Every time a person gets sick, the lymph nodes in the whole body swell. You can feel them under your jaw, etc. In Rikki’s case, whenever she got sick, those lymph nodes on her intestines swelled as well. But since they were too large to begin with, they now were large enough to cause a blockage in her intestines. And that was why there were intussusceptions in different places each time; depending on where the lymph nodes were most swollen, that’s where the blockage occurred.

So now we knew what the lead point was. But what to do about it? Dr. Turner said he had read about such a thing in medical literature, but in all his years as head of gastro in Shaare Zedek, he’d never come across a single case of it. So how to treat it?

Dr. Turner posted this question on a worldwide group of gastro specialists. Finally, he got an answer from one doctor who said he had one patient like that six years ago. He treated the patient with intense doses of steroids, and that solved the problem.

It was clear that Rikki’s condition was extremely rare. And it was scary to go into treatment based on the experience of one other patient from six years ago. The steroids used in that case were extremely strong, with intense side effects during treatment and also the possibility of permanent side effects.

We were in a quandary. How could we treat Rikki with these potentially harmful drugs without clear indications that this was proven to work? We did a lot of research, discussed this in depth with Dr. Turner and our pediatrician, and went to ask a serious sh’eilas chacham.

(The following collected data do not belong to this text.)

-- ===== src/Trafficgen/Run/Stream/Whole.antt =====
-- cmd/trafficgen/main.go: a publisher's run, as a subscriber on a network without loss counts it.
use prp_sim.Base.{
  ℕ, zero, suc, ◌+◌, ◌^◌, ◌≤◌, ◌<◌, ◌≡◌, refl, sym, ap, ◌∙◌, subst, ◌⊎◌, false, some, List, [], ◌∷◌,
  ◌++◌, append-nil, append_assoc, arith, length, Bytes, Text, text_eq_iff, to_u16, IsU16, done,
  ◌>>=◌,
}
use prp_sim.Trafficgen.{et_goose, build_frame_et, Parsed, parse_frame}
use prp_sim.Trafficgen.Frames.Assembled.{IsTag}
use prp_sim.Trafficgen.Frames.{parse_frame-build_frame_et}
use prp_sim.Trafficgen.Stats.{has_seen, Stats, no_stats}
use prp_sim.Trafficgen.Stats.Counts.{
  note_frame-new, IsCounted, no_stats-IsCounted, Different, has_seen-append,
}
use prp_sim.Trafficgen.Run.{
  Publisher, frame_of, retransmissions, burst_len, send_loop, send, frame_key, Arrival, note_parsed,
  recv_frame, recv,
}
use prp_sim.Trafficgen.Run.Stream.{note_parsed-IsCounted}
use prp_sim.Trafficgen.Run.Stream.Pairs.{
  Pairs, burst_pairs, send_pairs, pair_keys, send_pairs-Different,
}

-- A publisher of GOOSE frames whose arguments fit their fields and whose clock shows a time of the
-- years 1970 to 2106.
pub record IsPublisher (p : Publisher) : Type 0 where
  pub et : p.et ≡ et_goose
  pub appid : IsU16 p.appid
  pub tag : IsTag p.vid p.pcp
  pub since : (i : ℕ) → (p.clock i).0 < 2 ^ 32
  pub small : (i : ℕ) → (p.clock i).1 < 1_000_000_000

-- Frames that come in one by one, with what the world says of each: what lies behind it in the
-- buffer, and when it comes.
abbrev pub arrive : (ℕ → Bytes × ℕ) → ℕ → List Bytes → List Arrival
arrive world i [] = []
arrive world i (f ∷ fs) =
    record { frame = f; spare = (world i).0; now = (world i).1 } ∷ arrive world (i + 1) fs

-- A subscriber reads the numbers of a frame, whatever lies behind it.
abbrev ReadsAs : ℕ → Bytes → ℕ × ℕ → Type 0
ReadsAs want f p =
    (spare : Bytes)
    → (q : Parsed) × (parse_frame f spare want ≡ done (some q))
      × (frame_key q.st_num q.sq_num ≡ frame_key p.0 p.1)

data Reads (want : ℕ) : List Bytes → Pairs → Type 0 where
  read_all : Reads want [] []
  read_next :
      {f : Bytes} {fs : List Bytes} {p : ℕ × ℕ} {ps : Pairs}
      → ReadsAs want f p
      → Reads want fs ps
      → Reads want (f ∷ fs) (p ∷ ps)

Reads-append :
    {want : ℕ} {fs gs : List Bytes} {ps qs : Pairs}
    → Reads want fs ps
    → Reads want gs qs
    → Reads want (fs ++ gs) (ps ++ qs)
Reads-append read_all s = s
Reads-append (read_next h r) s = read_next h (Reads-append r s)

Different-middle :
    (k : Text) (xs ys : List Text) → Different (xs ++ (k ∷ ys)) → has_seen k xs ≡ false
unfolding has_seen
Different-middle k [] ys d = refl
Different-middle k (x ∷ xs) ys (out, d) = ground (
  arith,
  Different-middle k xs ys d,
  has_seen-append x xs (k ∷ ys),
  text_eq_iff x k,
  text_eq_iff k x,
)

recv-Reads :
    (want : ℕ) (world : ℕ → Bytes × ℕ) (i : ℕ) (fs : List Bytes) (ps : Pairs) (keys : List Text)
    (s : Stats)
    → Reads want fs ps
    → IsCounted keys s
    → s.last_seen ≡ keys
    → Different (keys ++ pair_keys ps)
    → (m : Stats) × (recv want (arrive world i fs) s ≡ done m)
      × IsCounted (keys ++ pair_keys ps) m
      × (m.last_seen ≡ keys ++ pair_keys ps)
unfolding recv recv_frame
recv-Reads want world i [] [] keys s read_all h seen d =
    (s, refl, rw (append-nil keys) h, seen ∙ sym (append-nil keys))
recv-Reads want world i [] (p ∷ ps) keys s r h seen d = elim r [ ]
recv-Reads want world i (f ∷ fs) [] keys s r h seen d = elim r [ ]
recv-Reads want world i (f ∷ fs) (p ∷ ps) keys s (read_next reads r) h seen d =
    let (q, at, same) = reads (world i).0 in
    let k = frame_key p.0 p.1 in
    let now = (world i).1 in
    let s' = note_parsed now (some q) s in
    let assoc = append_assoc keys (k ∷ []) (pair_keys ps) in
    let new : has_seen (frame_key q.st_num q.sq_num) s.last_seen ≡ false =
      rw (same, seen) (Different-middle k keys (pair_keys ps) d) in
    let (m, e, counted, last) =
      recv-Reads want world (i + 1) fs ps (keys ++ (k ∷ [])) s' r
        (subst (λ j. IsCounted (keys ++ (j ∷ [])) s') same
          (note_parsed-IsCounted now (some q) keys s h))
        (note_frame-new (frame_key q.st_num q.sq_num) q.sent_at now q.vid q.pcp s new
          ∙ rw (same, seen))
        (subst Different (sym assoc) d) in
    (
      m,
      ap (λ o. (o >>= λ x. done (note_parsed now x s)) >>= recv want (arrive world (i + 1) fs)) at
          ∙ e,
      subst (λ ks. IsCounted ks m) assoc counted,
      last ∙ assoc,
    )

module _ (p : Publisher) (valid : IsPublisher p) (want : ℕ)
    (wanted : (want ≡ 0) ⊎ (want ≡ p.appid)) where
  frame_of-ReadsAs :
      (st sq sent : ℕ) → IsU16 st → IsU16 sq → ReadsAs want (frame_of p st sq sent) (st, sq)
  unfolding frame_of
  frame_of-ReadsAs st sq sent hst hsq spare =
      let (ns, early, close, read) =
        parse_frame-build_frame_et p.addresses p.appid st sq (p.clock sent) p.vid p.pcp want spare
          valid.appid hst hsq (valid.since sent) (valid.small sent) valid.tag wanted in
      (
        _,
        ap
              (λ et.
                parse_frame (build_frame_et p.addresses p.appid st sq (p.clock sent) p.vid p.pcp et)
                  spare want)
              valid.et
            ∙ read,
        refl,
      )

  retransmissions-Reads :
      (k st sq sent : ℕ)
      → IsU16 st
      → Reads want (retransmissions p k st sq sent) (burst_pairs k st sq)
  unfolding retransmissions
  retransmissions-Reads zero st sq sent h = read_all
  retransmissions-Reads (suc k) st sq sent h =
      read_next (frame_of-ReadsAs st (to_u16 (sq + 1)) sent h (omega arith))
        (retransmissions-Reads k st (to_u16 (sq + 1)) (sent + 1) h)

  send_loop-Reads :
      (count st sent : ℕ)
      → Reads want (send_loop p count st sent) (send_pairs (burst_len p) count st)
  unfolding send_loop
  send_loop-Reads zero st sent = read_all
  send_loop-Reads (suc count) st sent =
      let next = to_u16 (st + 1) in
      read_next (frame_of-ReadsAs next 1 sent (omega arith) (omega arith)) (
        Reads-append (retransmissions-Reads (burst_len p) next 1 (sent + 1) (omega arith))
          (send_loop-Reads count next (sent + 1 + burst_len p)))

length-pair_keys :
    {want : ℕ} {fs : List Bytes} {ps : Pairs} → Reads want fs ps → length (pair_keys ps) ≡ length fs
length-pair_keys read_all = refl
length-pair_keys (read_next h r) = ap suc (length-pair_keys r)

-- A publisher of GOOSE frames, with or without bursts and with or without a tag, whose arguments
-- fit their fields, and a subscriber to its APPID or to all, on a network that loses and doubles
-- nothing: up to 2 ^ 16 events, and whatever lies behind a frame in the buffer, the subscriber
-- does not crash and counts every frame, as unique, and no duplicate.
pub send_is_received :
    (p : Publisher) (count want : ℕ) (world : ℕ → Bytes × ℕ)
    → IsPublisher p
    → (want ≡ 0) ⊎ (want ≡ p.appid)
    → count ≤ 2 ^ 16
    → let frames = send p count in
      (m : Stats) × (recv want (arrive world 0 frames) no_stats ≡ done m)
      × (m.total ≡ length frames)
      × (m.unique ≡ length frames)
      × (m.dupes ≡ 0)
unfolding send
send_is_received p count want world valid wanted h =
    let reads = send_loop-Reads p valid want wanted count 1 0 in
    let ps = send_pairs (burst_len p) count 1 in
    let few : burst_len p ≤ 3 = ground arith in
    let (m, e, counted, last) =
      recv-Reads want world 0 (send_loop p count 1 0) ps [] no_stats reads no_stats-IsCounted refl
        (send_pairs-Different (burst_len p) count few h) in
    let size = length-pair_keys reads in
    let total : m.total ≡ length (send_loop p count 1 0) = counted.total ∙ size in
    let unique : m.unique ≡ length (send_loop p count 1 0) =
      counted.unique ∙ ap length last ∙ size in
    (m, e, total, unique, omega (arith, counted.split, total, unique))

In the end, the consensus was that as long as Rikki was fine, we shouldn’t treat. If chas v’shalom she’d have a stomachache, we’d have to rush immediately to the hospital. But if we could keep her health status quo, there was a good chance she would outgrow this condition. Her intestines would grow as she got older, but the lymph nodes on the intestines would not. Therefore, when she was older, these lymph nodes would no longer be able to cause such blockages.

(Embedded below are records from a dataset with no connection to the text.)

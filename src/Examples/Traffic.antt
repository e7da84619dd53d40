-- ===== src/Examples/Traffic.antt =====
-- The traffic generator's properties at a concrete publisher.
use prp_sim.Base.{
  panics, ℕ, ◌+◌, ◌*◌, ◌/◌, ◌%◌, ◌≤◌, ◌<◌, ◌≡◌, refl, ap, ◌∙◌, inl, inr, true, false, Option, none,
  some, List, [], ◌∷◌, arith, length, Bytes, u16_at, Text, codes, text_eq, Outcome, done, panics,
}
use prp_sim.Engine.Ether.{hex_digit, hex2, mac_text, get_src_mac, get_dst_mac}
use prp_sim.Prp.Multicast.{hex_value, map_lower, to_lower}
use prp_sim.Trafficgen.Tool.{Flags, choose_et, read_flags}
use prp_sim.Trafficgen.Tool.Macs.{ReadsHex, read_flags_lem}
use prp_sim.Trafficgen.Ping.{Echo, ping_recv}
use prp_sim.Trafficgen.{Addresses, et_goose, et_sv, build_frame_et, parse_frame}
use prp_sim.Trafficgen.Frames.{parse_frame-build_frame_et, parse_frame-build_frame_et_sv}
use prp_sim.Trafficgen.Stats.{Stats, no_stats}
use prp_sim.Trafficgen.Stats.Counts.{IsCounted}
use prp_sim.Trafficgen.Run.{Publisher, send, recv, Arrival}
use prp_sim.Trafficgen.Run.Stream.{read_keys, recv_lem}
use prp_sim.Trafficgen.Run.Stream.Whole.{IsPublisher, arrive, send_is_received}

abbrev tool : Addresses
tool = record {
  dst_mac = 0x01 ∷ 0x0c ∷ 0xcd ∷ 0x01 ∷ 0x00 ∷ 0x01 ∷ [];
  src_mac = 0x02 ∷ 0x00 ∷ 0x00 ∷ 0x00 ∷ 0x00 ∷ 0x01 ∷ [];
}

abbrev noon : ℕ × ℕ
noon = (1700000000, 123456789)

parse_frame-build_frame_et_example :
    (ns : ℕ) × (ns ≤ noon.1)
    × (noon.1 ≤ ns + 60)
    × (parse_frame (build_frame_et tool 0x3fff 5 1 noon (some 7) 4 et_goose) [] 0x3fff
        ≡ done (
            some (record {
              appid = 0x3fff;
              st_num = 5;
              sq_num = 1;
              smp_cnt = 0;
              sent_at = some (noon.0, ns);
              all_data = false;
              vid = some 7;
              pcp = 4;
            })))
parse_frame-build_frame_et_example =
    parse_frame-build_frame_et tool 0x3fff 5 1 noon (some 7) 4 0x3fff [] (omega arith) (omega arith)
      (omega arith) (omega arith) (omega arith) (omega arith, omega arith) (inr refl)

parse_frame-build_frame_et_sv_example :
    parse_frame (build_frame_et tool 0x4000 5 1 noon none 4 et_sv) (7 ∷ []) 0
    ≡ done (
        some (record {
          appid = 0x4000;
          st_num = 0;
          sq_num = 0;
          smp_cnt = 5;
          sent_at = none;
          all_data = false;
          vid = none;
          pcp = 0;
        }))
parse_frame-build_frame_et_sv_example =
    parse_frame-build_frame_et_sv tool 0x4000 5 1 noon none 4 0 (7 ∷ []) (omega arith) (omega arith)
      tt (inl refl)

abbrev publisher : Publisher
publisher = record {
  addresses = tool;
  appid = 0x3fff;
  vid = none;
  pcp = 0;
  et = et_goose;
  burst = true;
  clock = λ i. noon;
}

publisher-IsPublisher : IsPublisher publisher
publisher-IsPublisher = record {
  et = refl;
  appid = omega arith;
  tag = tt;
  since = λ i. omega arith;
  small = λ i. omega arith;
}

abbrev quiet : ℕ → Bytes × ℕ
quiet i = ([], 1700000000123500000)

send_is_received_example :
    (m : Stats) × (recv 0 (arrive quiet 0 (send publisher 2)) no_stats ≡ done m)
    × (m.total ≡ length (send publisher 2))
    × (m.unique ≡ length (send publisher 2))
    × (m.dupes ≡ 0)
send_is_received_example =
    send_is_received publisher 2 0 quiet publisher-IsPublisher (inl refl) (omega arith)

-- A frame that comes twice, one of another APPID, and a short one.
abbrev mixed : List Arrival
mixed = arrive quiet 0 (
    build_frame_et tool 0x3fff 5 1 noon none 0 et_goose
    ∷ build_frame_et tool 0x3fff 5 1 noon none 0 et_goose
    ∷ build_frame_et tool 0x4000 5 1 noon none 0 et_goose
    ∷ (1 ∷ [])
    ∷ [])

abbrev stats_or : Outcome Stats → Stats
stats_or (done s) = s
stats_or panics = no_stats

recv_lem_example : IsCounted (read_keys 0x3fff mixed) (stats_or (recv 0x3fff mixed no_stats))
unfolding recv parse_frame build_frame_et prp_sim.Trafficgen.assemble_frame
    prp_sim.Iec.Goose.build_goose_apdu prp_sim.Iec.Ber.encode_length prp_sim.Iec.Walk.concat_tlvs
    prp_sim.Iec.Ber.encode_tlv prp_sim.Trafficgen.event prp_sim.Iec.encode_utc_time u16_at
    prp_sim.Iec.Goose.parse_goose_apdu prp_sim.Iec.Walk.read_header prp_sim.Iec.Ber.parse_length
    prp_sim.Iec.Walk.walk prp_sim.Iec.Ber.parse_tlv
recv_lem_example = recv_lem 0x3fff mixed (stats_or (recv 0x3fff mixed no_stats)) refl

-- Two hexadecimal digits.
abbrev scan_digits : Text → Option ℕ
scan_digits [] = none
scan_digits (c ∷ []) = none
scan_digits (c ∷ d ∷ s) = elim (hex_value c) as (λ _. Option ℕ) [
  | none ↦ none
  | some hi ↦ elim (hex_value d) as (λ _. Option ℕ) [ none ↦ none | some lo ↦ some (hi * 16 + lo) ]
]

hex_value-hex_digit : (d : ℕ) → d < 16 → hex_value (hex_digit d) ≡ some d
unfolding hex_value hex_digit
hex_value-hex_digit d h = ground arith

scan_digits-ReadsHex : ReadsHex scan_digits
unfolding hex2
scan_digits-ReadsHex b h =
    ap
      (λ o. elim o as (λ _. Option ℕ) [
        | none ↦ none
        | some hi ↦ elim (hex_value (hex_digit (b % 16))) as (λ _. Option ℕ) [
          | none ↦ none
          | some lo ↦ some (hi * 16 + lo)
        ]
      ])
      (hex_value-hex_digit (b / 16 % 16) (omega arith))
    ∙ ap (λ o. elim o as (λ _. Option ℕ) [ none ↦ none | some lo ↦ some (b / 16 % 16 * 16 + lo) ])
        (hex_value-hex_digit (b % 16) (omega arith))
    ∙ ap some (omega arith)

abbrev flags : Flags
flags = record {
  et = codes "SV";
  mcast = mac_text tool.dst_mac 0;
  src_mac = mac_text tool.src_mac 0;
}

read_flags_lem_example :
    (a : Addresses) × (read_flags scan_digits flags ≡ some (et_sv, a))
    × ((appid st_num sq_num : ℕ) (now : ℕ × ℕ) (vid : Option ℕ) (pcp : ℕ)
        → let frame = build_frame_et a appid st_num sq_num now vid pcp et_sv in
          (get_dst_mac frame ≡ flags.mcast) × (get_src_mac frame ≡ flags.src_mac))
unfolding choose_et text_eq map_lower to_lower
read_flags_lem_example =
    read_flags_lem scan_digits flags tool.dst_mac tool.src_mac et_sv (codes "01:0c:cd:04:00:00")
      scan_digits-ReadsHex (omega arith) (omega arith) refl refl refl

-- Two echoes.
abbrev echo : ℕ → Echo
echo st_num = record {
  frame = build_frame_et tool 0x3fff st_num 1 noon none 0 et_goose;
  spare = [];
  came = (1700000000, 123500000);
  later = 1700000000123500010;
}

abbrev pinged : Stats
pinged = stats_or (ping_recv 0x3fff (echo 1 ∷ echo 2 ∷ []) no_stats)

So that’s where we’re holding now. Rikki is an adorable, healthy toddler, and we do our best to keep her from getting sick. Her morah and the parents in her gan know that if any of their kids don’t feel well, they shouldn’t send them to gan, because it is risky for Rikki to catch any illness.

We’ve also stayed completely off milk at this point. Why rock any boats even if it’s not clear if a milk allergy could actually cause the swelling? Rikki herself is very vigilant about her condition. When one mother accidently sent in a dairy treat for Shabbos treat, Rikki on her own refused to eat it. “I don’t want my tummy to hurt,” she explained.

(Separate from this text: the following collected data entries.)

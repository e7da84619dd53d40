-- ===== src/Iec/Walk/Fuel.antt =====
-- internal/iec/goose.go and sv.go: the walk over the fields ends by itself.
use prp_sim.Base.{
  panics, ℕ, zero, suc, ◌+◌, ◌/◌, ◌%◌, ◌^◌, ◌≤◌, ◌<◌, ◌≡◌, refl, Bool, true, false, Option, none,
  some, [], ◌∷◌, arith, ltb, leb, ◌==◌, if◌then◌else◌, length, length-drop, Bytes, byte_at, slice,
  Outcome, done, panics, ◌>>=◌,
}
use prp_sim.Iec.Ber.{parse_length, read_length, Tlv, parse_value, parse_tlv}
use prp_sim.Iec.Walk.{walk}

-- What a parsed field leaves has fewer bytes.
data IsShorter (n : ℕ) : Outcome (Option Tlv) → Type 0 where
  crashed : IsShorter n panics
  ended : IsShorter n (done none)
  shorter : {t : Tlv} → length t.rest < n → IsShorter n (done (some t))

if-IsShorter :
    {n : ℕ} (b : Bool) (x y : Outcome (Option Tlv))
    → (b ≡ true → IsShorter n x)
    → (b ≡ false → IsShorter n y)
    → IsShorter n (if b then x else y)
if-IsShorter true x y hx hy = hx refl
if-IsShorter false x y hx hy = hy refl

parse_value-IsShorter :
    (bytes : Bytes) (n off : ℕ)
    → 0 < length bytes
    → 0 < off
    → IsShorter (length bytes) (parse_value bytes n off)
unfolding parse_value
parse_value-IsShorter bytes n off some_left past =
    if-IsShorter (leb (2 ^ 63) (off + n)) _ _ (λ _. crashed)
      (λ _.
        if-IsShorter (ltb (length bytes) (off + n)) _ _ (λ _. ended)
          (λ _. shorter (omega (arith, length-drop (off + n) bytes))))

-- The value stands behind the tag.
abbrev StartsLater : Option (ℕ × ℕ) → Type 0
StartsLater none = Unit {0}
StartsLater (some (n, off)) = 0 < off

if-StartsLater :
    (b : Bool) (x y : Option (ℕ × ℕ))
    → StartsLater x
    → StartsLater y
    → StartsLater (if b then x else y)
if-StartsLater true x y hx hy = hx
if-StartsLater false x y hx hy = hy

parse_length-StartsLater : (bytes : Bytes) → StartsLater (parse_length bytes)
unfolding parse_length
parse_length-StartsLater bytes =
    let count = byte_at bytes 1 % 128 in
    if-StartsLater (byte_at bytes 1 / 128 % 2 == 0) (some (byte_at bytes 1, 2)) _ (omega arith) (
      if-StartsLater (ltb (length bytes) (2 + count)) none
        (some (read_length 0 (slice bytes 2 (2 + count)), 2 + count)) tt (omega arith))

parse_tlv-IsShorter : (bytes : Bytes) → IsShorter (length bytes) (parse_tlv bytes)
unfolding parse_tlv
parse_tlv-IsShorter bytes =
    if-IsShorter (ltb (length bytes) 2) _ _ (λ _. ended)
      (λ long. go (parse_length bytes) (parse_length-StartsLater bytes) (ground arith))
  where
    go :
        (header : Option (ℕ × ℕ))
        → StartsLater header
        → 0 < length bytes
        → IsShorter (length bytes) (elim header as (λ _. Outcome (Option Tlv)) [
          | none ↦ done none
          | some (n, off) ↦ parse_value bytes n off
        ])
    go none h left = ended
    go (some (n, off)) h left = parse_value-IsShorter bytes n off left h

-- Any two bounds that are no fewer than the bytes give the same walk: the bound is never met.
pub walk_fuel :
    {S : Type 0} (field : S → ℕ → Bytes → Outcome S) (fuel fuel' : ℕ) (rest : Bytes) (s : S)
    → length rest ≤ fuel
    → length rest ≤ fuel'
    → walk field fuel rest s ≡ walk field fuel' rest s
unfolding walk
walk_fuel field zero zero rest s h h' = refl
walk_fuel field zero (suc fuel') [] s h h' = refl
walk_fuel field zero (suc fuel') (b ∷ rest) s h h' = absurd (omega arith)
walk_fuel field (suc fuel) zero [] s h h' = refl
walk_fuel field (suc fuel) zero (b ∷ rest) s h h' = absurd (omega arith)
walk_fuel field (suc fuel) (suc fuel') [] s h h' = refl
walk_fuel {S} field (suc fuel) (suc fuel') (b ∷ rest) s h h' =
    go (parse_tlv (b ∷ rest)) (parse_tlv-IsShorter (b ∷ rest))
      (λ t s' k. walk_fuel field fuel fuel' t s' (omega arith) (omega arith))
  where
    next : ℕ → Option Tlv → Outcome S
    next n o = elim o as (λ _. Outcome S) [
      | none ↦ done s
      | some t ↦ field s t.tag t.payload >>= walk field n t.rest
    ]

    each :
        (t : Tlv) (o : Outcome S)
        → ((s' : S) → walk field fuel t.rest s' ≡ walk field fuel' t.rest s')
        → (o >>= walk field fuel t.rest) ≡ (o >>= walk field fuel' t.rest)
    each t panics e = refl
    each t (done s') e = e s'

    go :
        (o : Outcome (Option Tlv))
        → IsShorter (length (b ∷ rest)) o
        → ((t : Bytes) (s' : S)
            → length t < length (b ∷ rest)
            → walk field fuel t s' ≡ walk field fuel' t s')
        → (o >>= next fuel) ≡ (o >>= next fuel')
    go panics w ih = refl
    go (done none) w ih = refl
    go (done (some t)) (shorter k) ih = each t (field s t.tag t.payload) (λ s'. ih t.rest s' k)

She’s been traumatized by the many hospital stays she’s had and the doctors who’ve had to hurt her in order to help her. She dislikes anyone in a white coat. My pediatrician graciously takes off his white coat when we visit the clinic, just to keep Rikki happy.

It’s been seven months since Rikki’s last hospital stay. Each day she remains healthy is another day of growth for her, another step that will hopefully take her to the day that she’ll grow out of this risk.

And in the meantime, I’m hypervigilant. I’ve learned to look out for zebras instead of horses, because in Rikki’s case, the zebras were there.